No doubt a contributing factor in the passage of Proposition 22 was the distrust among workers in relation to the unions which campaigned against it. These organizations want to collect dues from Uber, Lyft and other workers, so they can impose even more rotten conditions of work, pay and benefits than those that prevail already. Given the appalling record of the unions regarding their own members, their association with the “No on 22” campaign likely convinced many workers to vote “yes.”

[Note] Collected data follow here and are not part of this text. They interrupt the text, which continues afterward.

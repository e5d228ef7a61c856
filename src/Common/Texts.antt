-- ===== src/Common/Texts.antt =====
-- What the source does with texts beyond comparing them.
use Prim.Native.Char.{code}
use Prim.Native.Nat.{ℕ}
use Prim.Native.String.{String}
use text.Mathlib.Text.{◌==◌ as str_eq}
use mathlib.Core.Bool.{Bool, true, false}
use big_project.Common.Tests.{if◌then◌else◌, ◌==◌}

-- A text is falsy exactly when it is empty.
abbrev pub is_empty : String → Bool
is_empty s = str_eq s ""

-- `s.split(c)[0]`: what stands before the first `c`, or the whole text.
unfoldable pub before : ℕ → String → String
before c String.[] = String.[]
before c (String.◌∷◌ d s) =
    let rest = before c s in if code d == c then String.[] else String.◌∷◌ d rest

-- `s.includes(c)` for one character.
unfoldable pub includes_char : ℕ → String → Bool
includes_char c String.[] = false
includes_char c (String.◌∷◌ d s) = if code d == c then true else includes_char c s
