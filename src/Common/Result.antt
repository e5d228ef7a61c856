-- ===== src/Common/Result.antt =====
-- Exceptions as values. The source throws the HTTP exceptions of its framework; a handler is
-- `Result` of its value, and `do` stops at the first throw.
use mathlib.Core.Bool.{Bool, true, false}
use mathlib.Core.Option.{Option, none, some}
use big_project.Common.{◌≡◌, refl, ◌⊎◌, inl, inr}

pub data Exception : Type 0 where
  bad_request unauthorized forbidden not_found conflict too_many_requests : Exception
  service_unavailable internal_server_error : Exception

pub data Result {ℓ} (T : Type ℓ) : Type ℓ where
  throw : Exception → Result T
  ok : T → Result T

-- What follows a statement that may throw.
infixl 5 ◌>>=◌
abbrev pub ◌>>=◌ {ℓ κ} : {T : Type ℓ} {U : Type κ} → Result T → (T → Result U) → Result U
m >>= next = elim m [ throw e ↦ throw e | ok t ↦ next t ]

-- `if (test) throw e;`
infixl 5 ◌>>◌
abbrev pub ◌>>◌ {ℓ} : {U : Type ℓ} → Result (Unit {0}) → Result U → Result U
check >> next = elim check [ throw e ↦ throw e | ok done ↦ next ]

abbrev pub throw_if : Bool → Exception → Result (Unit {0})
throw_if true e = throw e
throw_if false e = ok tt

-- `if (!value) throw e;`, and the value is there from then on.
abbrev pub or_throw {ℓ} : {T : Type ℓ} → Option T → Exception → Result T
or_throw none e = throw e
or_throw (some t) e = ok t

pub Result-cases {ℓ} :
    {T : Type ℓ} (r : Result T) → ((e : Exception) × (r ≡ throw e)) ⊎ ((t : T) × (r ≡ ok t))
Result-cases (throw e) = inl (e, refl)
Result-cases (ok t) = inr (t, refl)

The unions have presented the issue as a struggle for better wages and working conditions for workers but say nothing of the assault on workers with which the unions have collaborated systematically with employers for decades to extract concessions from workers. The trade unions seek employee status for gig workers in order to bring those workers into the unions, collect dues from them, and bring them under the sphere of influence of the Democratic Party.
The myth which has been put forward by the trade unions and the Democratic Party has been that under a Biden administration working conditions would improve. It is telling, however, that Uber’s Chief Legal Officer Tony West is a former Associate Attorney General under Obama and brother-in-law of incoming Vice President Kamala Harris. The app-based giants have also donated heavily to the Democratic Party, with Uber donating $937,600, Lyft donating $163,936 to the Biden-Harris campaign in 2020 alone.
Workers must reject the entire framework offered by American capitalist politics, in which they are made to bear the entire burden of the social crisis which the ruling class, in its insatiable and reckless drive for profit, has caused. A successful struggle for the social rights associated with legal employee status must be based on a comprehensive political program that seeks to unite the working class internationally on a socialist basis.